Юрию было теперь около пятидесяти лет; на тучном туловище и короткой толстой шее склонного к апоплексии человека сидела продолговатая голова с выпячивающимся подбородком и с лукавым взглядом голубых глаз. Юрий в превосходной степени обладал качествами царедворца. Его почтительные манеры и большой дар слова сослужили ему хорошую службу. Король охотно молчал, и Юрий говорил за него. Еще лучше он сумел придать себе цены, искусно выставляя напоказ глубокую набожность. Получив сначала самборскую королевскую экономию, затем сандомирское воеводство и львовское староство, он построил два монастыря – доминиканский в Самборе и бернардинский во Львове, и в то же время пожертвовал десять тысяч флоринов для построения в этом же городе иезуитского коллегиума. Он умело делил свои дары между этими тремя влиятельными орденами и не упускал из-за этого возможности укрепить свое положение брачными союзами преимущественно с протестантскими семьями. Католический мир избегал их как зачумленных, вследствие чего он были доступнее и представляли более выгодные партии. Муж одной из сестер воеводы – Фирлей – был кальвинист. Другая сестра его вышла замуж за арианина Стадницкого. Сам воевода женился на Ядвиге Тарло, отец и братья которой были тоже упорные ариане.
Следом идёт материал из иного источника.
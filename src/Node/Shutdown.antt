-- ===== src/Node/Shutdown.antt =====
-- The life of a node's tasks, from the start to the return of `main`.
pub mod Order
use native.Mathlib.Nat.{le_refl}
use rust_high_throughput_sta.Common.{
  some, ℕ, zero, suc, ◌+◌, ◌<◌, ◌≤◌, String, ◌≡◌, refl, ◌∙◌, true, false, arith, eqb, Bool-cases,
  inl, inr, if◌then◌else◌,
}
use rust_high_throughput_sta.Node.Stores.{Reach-begun}
use rust_high_throughput_sta.Config.{Config}
use rust_high_throughput_sta.Rpc.Server.{running, finished, failed, panicked}
use rust_high_throughput_sta.Node.{
  Crates, Phase, starting, looping, stopped, Node, main, start_manager, after_round, tick,
  serve_inbound, finish, Step, serving, gossiping, server_binds, server_bind_fails, server_accepts,
  server_stops, connection_goes_on, manager_starts, listener_binds, listener_bind_fails,
  listener_accepts, listener_stops, inbound_served, scheduler_starts, scheduler_panics,
  scheduler_ticks, scheduler_stops, send_finishes, manager_stops, ctrl_c, ctrl_c_fails,
  main_returns, Reach, here, next,
}
use rust_high_throughput_sta.Node.Shutdown.Order.{
  IsOrderly, Step-IsOrderly, begun-IsOrderly, Reach-IsOrderly,
}

-- The changes of phase that a task has before it.
abbrev pub phases_left : Phase → ℕ
phases_left starting = 2
phases_left looping = 1
phases_left stopped = 0

-- Those of all tasks, and the return of `main`.
abbrev pub work_left : {M R W : Type 0} → Node M R W → ℕ
work_left n =
    phases_left n.server
    + phases_left n.manager
    + phases_left n.listener
    + phases_left n.scheduler
    + (if n.exited then 0 else 1)

module _ {Value M R W : Type 0} (crates : Crates Value M R W) where
  Step-work_left : {n m : Node M R W} → Step crates n m → work_left m ≤ work_left n
  unfolding start_manager after_round tick serve_inbound finish
  Step-work_left (serving (server_binds e)) = ground arith
  Step-work_left (serving (server_bind_fails e)) = ground arith
  Step-work_left (serving (server_accepts w e)) = ground arith
  Step-work_left (serving (server_stops e c)) = ground arith
  Step-work_left
        (serving (connection_goes_on now instant before after k arm (running hd cn) e a st)) =
      ground arith
  Step-work_left (serving (connection_goes_on now instant before after k arm finished e a st)) =
      ground arith
  Step-work_left (serving (connection_goes_on now instant before after k arm (failed hd) e a st)) =
      ground arith
  Step-work_left (serving (connection_goes_on now instant before after k arm panicked e a st)) =
      ground arith
  Step-work_left (gossiping (manager_starts now e)) = ground arith
  Step-work_left (gossiping (listener_binds e f)) = ground arith
  Step-work_left (gossiping (listener_bind_fails e f)) = ground arith
  Step-work_left (gossiping (listener_accepts r w e)) = ground arith
  Step-work_left (gossiping (listener_stops e c)) = ground arith
  Step-work_left (gossiping (inbound_served now r w before after e)) = ground arith
  Step-work_left (gossiping (scheduler_starts e f z)) = ground arith
  Step-work_left (gossiping (scheduler_panics e f z)) = ground arith
  Step-work_left (gossiping (scheduler_ticks shuffle p e)) = ground arith
  Step-work_left (gossiping (scheduler_stops e c)) = ground arith
  Step-work_left (gossiping (send_finishes now s answer before after e)) = ground arith
  Step-work_left (gossiping (manager_stops e f g)) = ground arith
  Step-work_left (ctrl_c e f) = ground arith
  Step-work_left (ctrl_c_fails e f) = ground arith
  Step-work_left (main_returns e c f g) = ground arith

  -- `main` returns last, if it did not panic at its start: when it has, without an error of `ctrl_c`, the cancellation was asked for,
  -- and the server, the manager, the listener and the scheduler are all gone.
  pub main_returns_last :
      (fresh_uuid : String) (config : Config) {n₀ n : Node M R W}
      → main crates fresh_uuid config ≡ some n₀
      → Reach crates n₀ n
      → n.exited ≡ true
      → (n.cancel ≡ true)
        × (n.server ≡ stopped)
        × (n.manager ≡ stopped)
        × (n.listener ≡ stopped)
        × (n.scheduler ≡ stopped)
  main_returns_last fresh_uuid config started r e =
      let h =
        Reach-IsOrderly crates (Reach-begun crates fresh_uuid config started r)
          (begun-IsOrderly crates fresh_uuid config) in
      let (asked, server, manager) = h.returned e in
      let (listener, scheduler) = h.joined manager in (asked, server, manager, listener, scheduler)

  -- One step of a task that ends, with nothing else changed that matters to the others.
  record Progress (n m : Node M R W) : Type 0 where
    taken : Step crates n m
    less : work_left m < work_left n
    still : (m.cancel ≡ true) × (m.store ≡ n.store)

  Progress-from :
      (server manager listener scheduler : Phase) (n : Node M R W)
      → n.server ≡ server
      → n.manager ≡ manager
      → n.listener ≡ listener
      → n.scheduler ≡ scheduler
      → n.cancel ≡ true
      → n.exited ≡ false
      → IsOrderly n
      → (m : Node M R W) × Progress n m
  unfolding start_manager
  Progress-from starting b c d n e f g h asked alive o =
      (_, record { taken = serving (server_binds e); less = ground arith; still = (asked, refl) })
  Progress-from looping b c d n e f g h asked alive o = (
    _,
    record { taken = serving (server_stops e asked); less = ground arith; still = (asked, refl) },
  )
  Progress-from stopped starting c d n e f g h asked alive o = (
    _,
    record { taken = gossiping (manager_starts 0 f); less = ground arith; still = (asked, refl) },
  )
  Progress-from stopped looping starting d n e f g h asked alive o = (
    _,
    record { taken = gossiping (listener_binds f g); less = ground arith; still = (asked, refl) },
  )
  Progress-from stopped looping looping d n e f g h asked alive o = (
    _,
    record {
      taken = gossiping (listener_stops g asked);
      less = ground arith;
      still = (asked, refl);
    },
  )
  Progress-from stopped looping stopped starting n e f g h asked alive o =
      elim (Bool-cases (eqb n.config.gossip_interval_ms 0)) [
        | inl zero_period ↦ (
          _,
          record {
            taken = gossiping (scheduler_panics f h (ground arith));
            less = ground arith;
            still = (asked, refl);
          },
        )
        | inr positive ↦ (
          _,
          record {
            taken = gossiping (scheduler_starts f h (ground arith));
            less = ground arith;
            still = (asked, refl);
          },
        )
      ]
  Progress-from stopped looping stopped looping n e f g h asked alive o = (
    _,
    record {
      taken = gossiping (scheduler_stops h asked);
      less = ground arith;
      still = (asked, refl);
    },
  )
  Progress-from stopped looping stopped stopped n e f g h asked alive o = (
    _,
    record { taken = gossiping (manager_stops f g h); less = ground arith; still = (asked, refl) },
  )
  Progress-from stopped stopped c d n e f g h asked alive o = (
    _,
    record { taken = main_returns alive asked e f; less = ground arith; still = (asked, refl) },
  )

  Reach-trans : {n m o : Node M R W} → Reach crates n m → Reach crates m o → Reach crates n o
  Reach-trans r here = r
  Reach-trans r (next q s) = next (Reach-trans r q) s

  -- What is left to do bounds the steps that it takes.
  runs_down :
      (fuel : ℕ) (n : Node M R W)
      → work_left n ≤ fuel
      → IsOrderly n
      → n.cancel ≡ true
      → (m : Node M R W) × Reach crates n m × (m.exited ≡ true) × (m.store ≡ n.store)
  runs_down zero n bound o asked = elim (Bool-cases n.exited) [
    | inl over ↦ (n, here, over, refl)
    | inr alive ↦ absurd (ground arith)
  ]
  runs_down (suc fuel) n bound o asked = elim (Bool-cases n.exited) [
    | inl over ↦ (n, here, over, refl)
    | inr alive ↦
        let (m, p) =
          Progress-from n.server n.manager n.listener n.scheduler n refl refl refl refl asked alive
            o in
        let (last, r, over, kept) =
          runs_down fuel m (omega (arith, p.less)) (Step-IsOrderly crates p.taken o) p.still.0 in
        (last, Reach-trans (next here p.taken) r, over, kept ∙ p.still.1)
  ]

  -- Once Ctrl-C was pressed in a node whose `main` did not panic at its start, `main` can still return, whatever the tasks were doing: there is a run
  -- to its return in which the store keeps what it held. And no step adds to the changes of phase
  -- that the tasks have left, of which there are at most nine.
  pub shutdown_terminates :
      (fresh_uuid : String) (config : Config) {n₀ n : Node M R W}
      → main crates fresh_uuid config ≡ some n₀
      → Reach crates n₀ n
      → n.cancel ≡ true
      → ((m : Node M R W) × Reach crates n m × (m.exited ≡ true) × (m.store ≡ n.store))
        × (work_left n ≤ 9)
        × ((m : Node M R W) → Step crates n m → work_left m ≤ work_left n)
  shutdown_terminates fresh_uuid config {n = n} started r asked = (
    runs_down (work_left n) n (le_refl _)
        (Reach-IsOrderly crates (Reach-begun crates fresh_uuid config started r)
          (begun-IsOrderly crates fresh_uuid config))
        asked,
    ground arith,
    λ m s. Step-work_left s,
  )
Его должности приносили ему большой доход, и доход этот был тем значительней, что управитель самборской экономии не прочь был позабыть представлять свои отчеты. Но несмотря на это и на его прежние хищения, он стал нуждаться и быстро запутался в долгах. Самборский замок, со своей грудой безобразных, но обширных построек, расположенный в красивой местности на левом берегу Днестра, был роскошным местопребыванием на польский лад. Теперь это – простое местечко с бедным еврейским населением, но в то время это был целый город, имевший военное значение; местами укрепленный, защищенный рвами и опоясанный толстыми крепостными стенами, он служил передовым постом против татар. Замок состоял из четырех отдельных строений: дворец короля, дворец королевы, палац для гостей, в котором помещалась одна только обширная столовая, и в отдельном здании приемная зала. Такое расположение встречается еще и теперь в некоторых резиденциях польской аристократии. Их королевские величества никогда не посещали Самбор, и потому управитель экономии свободно располагал всеми этими помещениями, а также и многочисленными службами, окруженными громадными садами,[154]
– жилыми домами, кухнями, сараями, конюшнями и погребами. Мнишек вел здесь роскошную жизнь, но во время появления претендента ее неприятно нарушали назойливость кредиторов и все более и более частые посещения судебных приставов со своими помощниками.Мнишек не мог делать новых заимствований из королевской шкатулки; Сигизмунд был благорасположен к нему, но как хозяин он был сравнительно бережлив, и его казна недурно охранялась. Чтобы выйти из затруднительного положения, самборский управляющей нашел, наконец, одно лишь средство: выгодно пристроить своих дочерей. Он не давал им приданого, но умудрялся находить богатых и угодливых мужей. Таким образом его старшая дочь Урсула стала женой Константина Вишневецкого, вполне способного поддержать своего бедствующего тестя. Младшая Мария, или Марина, поджидала еще жениха; в это время ей было лет восемнадцать или девятнадцать.[155]
Такова была та среда, куда чреватая опасностями судьба привела предполагаемого сына Грозного.
Легко можно себе представить, какие пленительные горизонты открыло это появление взору стесненного магната. Нет сомнения, что кремлевские богатства, столь преувеличенные, по обычаю, воображением людей того времени, но безусловно превосходившие сокровища книшинского замка, заманчивой картиной тотчас же предстали его жадному и тревожному взгляду. Дмитрий, вернувши себе венец своих предков, был бы верным источником богатства для того, кто сумел бы запасти себе хорошее местечко на берегах этого далекого Пактола.